As a minor point, Danny McBride appears in this movie as Clooney’s future brother-in-law. Unfortunately, he’s exactly the sort of guy that every other character McBride has played would destroy and/or take a dump on. It isn’t fair to typecast the man, but there are really very few actors in Hollywood who could make me believe that they’re actually unstable enough to smash a beer bottle over a 3rd grader’s head – and then make me laugh about it.
Having McBride play the meek, unfunny shit-kicker we see in this movie is a waste. It’s sort of like resurrecting Bruce Lee and then asking him to do Proust readings instead of being a screaming, perfect killing machine with crazy eyes.
The good bits in this movie, when you come across them, do verge on great. The camera work is tight, focused, and bobs along with the same sense of impersonal purpose as any business executive on his way to a connecting flight. The colors of the airports, cities, and hotels are muted and entirely interchangeable, just like the experience of extended traveling itself. It’s all clear plastic cups, logos on napkins, and the Hilton sign shining dully out over a city that might as well have no name.
But the best part of this movie, and the part I had heard the least about before watching, was Vera Farmiga. I liked her in “The Departed” because she knew how to come across as both competent and broken, all at once. She brings a lot of that same subtlety to this role, managing to be funny and appealing, but still a little off-kilter. She also acts like a woman who’s sexually confident; it was a nice change from the standard Hollywood Cliff Notes version of that, in which writers just try to make girls sound like unlikeable guys.
We find out, eventually, that Farmiga’s character is married, with a family. Her entire relationship with Clooney was a sort of weird escapist sham that she never actually apologizes for. It isn’t nice, or sweet, or in any way conducive to a happy ending.
The characters all go their separate ways, not even sure if they’re happy or unhappy with how things have worked out.
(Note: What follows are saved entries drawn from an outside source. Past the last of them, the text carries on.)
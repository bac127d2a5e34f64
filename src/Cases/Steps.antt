-- ===== src/Cases/Steps.antt =====
-- api/store.py: sequences of calls of the `CaseStore`, of which any may come next.
use asoe.Prelude.{
  String, false, ◌≡◌, refl, none, some, arith, Bool-cases, inl, inr, is_some, ap, subst, sym, ◌∙◌,
}
use asoe.Prelude.Assoc.{All-put_key}
use asoe.Prelude.Dict.{lookup}
use asoe.Prelude.Results.{Result, ok}
use asoe.Cases.{
  StoreError, ClassificationEvent, CasePendingOverride, OrderCase, KeyType, same_key, CaseStore,
  Intake, lookup_or_create, record_classification_locked, register,
}
use asoe.Cases.Update.{
  is_closed_untriaged, CaseFields, Attribution, update, register_correlation, record_classification,
  set_pending_override, clear_pending_override, delete, with_override, without_override,
}
use asoe.Cases.Sound.{IsSound, IsLinked, IsLinked-move}
use asoe.Cases.Invariant.{
  lookup_or_create-IsSound, update_at-IsSound, rewrite_at-IsSound, delete-IsSound,
}

-- One call that does not raise. A new id is one that `uuid4()` has not given before, and a key is
-- registered by the tenant of the case.
pub data Step (s : CaseStore) : CaseStore → Type 0 where
  resolved_event :
      (id now : String) (i : Intake)
      → lookup id s.cases ≡ none
      → Step s (lookup_or_create id now i s).1
  updated_case :
      {t : CaseStore} (id now : String) (a : Attribution) (f : CaseFields) (c : OrderCase)
      → update id now a f s ≡ ok (c, t)
      → Step s t
  registered :
      {t : CaseStore} (id : String) (k : KeyType) (v : String) (c : OrderCase)
      → lookup id s.cases ≡ some c
      → register_correlation c.tenant_id id k v s ≡ ok t
      → Step s t
  classified :
      {t : CaseStore} (e : ClassificationEvent) → record_classification e s ≡ ok t → Step s t
  overridden :
      {t : CaseStore} (id now : String) (o : CasePendingOverride) (c : OrderCase)
      → set_pending_override id now o s ≡ ok (c, t)
      → Step s t
  cleared :
      {t : CaseStore} (id now : String) (c : OrderCase)
      → clear_pending_override id now s ≡ ok (c, t)
      → Step s t
  deleted : (id : String) → Step s (delete id s)

pub data Reach (s : CaseStore) : CaseStore → Type 0 where
  here : Reach s s
  next : {t u : CaseStore} → Reach s t → Step t u → Reach s u

override-keeps :
    (now : String) (o : CasePendingOverride) (b c : OrderCase)
    → with_override now o b ≡ ok c
    → (c.tenant_id ≡ b.tenant_id) × (c.case_id ≡ b.case_id) × (is_closed_untriaged c ≡ false)
override-keeps now o b c e = (ground (arith, e), ground (arith, e), ground (arith, e))

clear-keeps :
    (now : String) (b c : OrderCase)
    → is_closed_untriaged b ≡ false
    → without_override now b ≡ ok c
    → (c.tenant_id ≡ b.tenant_id) × (c.case_id ≡ b.case_id) × (is_closed_untriaged c ≡ false)
clear-keeps now b c h e =
    let same : record b { pending_override = none; updated_at = now } ≡ c = cc in
    (
      sym (ap (λ x. x.tenant_id) same),
      sym (ap (λ x. x.case_id) same),
      ap is_closed_untriaged (sym same) ∙ h,
    )

registered-IsSound :
    (id : String) (k : KeyType) (v : String) (c : OrderCase) (s t : CaseStore)
    → lookup id s.cases ≡ some c
    → register_correlation c.tenant_id id k v s ≡ ok t
    → IsSound s
    → IsSound t
unfolding register_correlation
registered-IsSound id k v c s t found e h =
    let made : ◌≡◌ {A = Result StoreError CaseStore}
        (ok (record s { correlation = register c.tenant_id id k (some v) s.correlation })) (ok t) =
      (rw (found) at e) in
    let same : record s { correlation = register c.tenant_id id k (some v) s.correlation } ≡ t =
      cc in
    subst IsSound same (record {
      linked =
          All-put_key (IsLinked s.cases) same_key (λ a b j. IsLinked-move s.cases a b j) _ id
            s.correlation (c, found, refl) h.linked;
      named = h.named;
      triaged = h.triaged;
    })

classified-IsSound :
    (e : ClassificationEvent) (s t : CaseStore)
    → record_classification e s ≡ ok t
    → IsSound s
    → IsSound t
unfolding record_classification record_classification_locked
classified-IsSound e s t r h = elim (Bool-cases (is_some (lookup e.case_id s.cases))) [
  | inl there ↦
      let made : ◌≡◌ {A = Result StoreError CaseStore} (ok (record_classification_locked e s))
          (ok t) =
        rw there at r in
      let same : record_classification_locked e s ≡ t = cc in
      subst IsSound same (record { linked = h.linked; named = h.named; triaged = h.triaged })
  | inr missing ↦ absurd (none_of missing)
]
  where
    none_of : is_some (lookup e.case_id s.cases) ≡ false → ⊥
    none_of missing = ground (arith, missing, r)

Step-IsSound : {s t : CaseStore} → Step s t → IsSound s → IsSound t
unfolding update set_pending_override clear_pending_override
Step-IsSound {s} (resolved_event id now i fresh) h = lookup_or_create-IsSound id now i s fresh h
Step-IsSound {s} {t} (updated_case id now a f c e) h =
    update_at-IsSound id now a f (lookup id s.cases) c s t refl e h
Step-IsSound {s} {t} (registered id k v c found e) h = registered-IsSound id k v c s t found e h
Step-IsSound {s} {t} (classified e r) h = classified-IsSound e s t r h
Step-IsSound {s} {t} (overridden id now o c e) h =
    rewrite_at-IsSound id _ (lookup id s.cases) c s t (λ b d _ r. override-keeps now o b d r) refl e
      h
Step-IsSound {s} {t} (cleared id now c e) h =
    rewrite_at-IsSound id _ (lookup id s.cases) c s t (λ b d q r. clear-keeps now b d q r) refl e h
Step-IsSound {s} (deleted id) h = delete-IsSound id s h

-- Every sequence of calls of the case store, in which new ids are unused and keys are registered by the
-- tenant of their case, keeps a sound store sound: a key leads to a case of its own tenant, a case stands
-- under its own id, and no case is RESOLVED while it waits in SG_NEEDS_TRIAGE.
pub Reach-IsSound : {s t : CaseStore} → IsSound s → Reach s t → IsSound t
Reach-IsSound h here = h
Reach-IsSound h (next r st) = Step-IsSound st (Reach-IsSound h r)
In fact they aren’t even fully aware that they may have been on some sort of journey . Clooney’s character seems a little lost, bewildered, and vaguely aware that he’s better off now even if he was happier before. In a word, this movie ends hard. And it was fantastic, especially for a jaded writer that was dreading everything working out for a bunch of ham-fisted caricatures.
Overall, this movie fell short of what it could have been: a genuinely weird look at a character that chooses to be emotionally stunted. Instead, it was a film about the questionable emotional journey of some guy who may or may not be a complete jerk, with as many charm thrown in as possible. It made up a lot of ground in the last third, though, and was ended pretty courageously. I felt It was a movie with attitude, but one that wanted desperately to impress.
Unfortunately, genuine cool – and real artistic freedom – stem from the ability to truly, completely not give a sh*t about anyone’s opinion but your own.
 Sentences like this tend to get at multiple reasons as to why my success with the ladies is “suboptimal.”
 It’s an outlandish theory, but no other explanation fits.
 This probably doesn’t apply fully to Clooney’s character.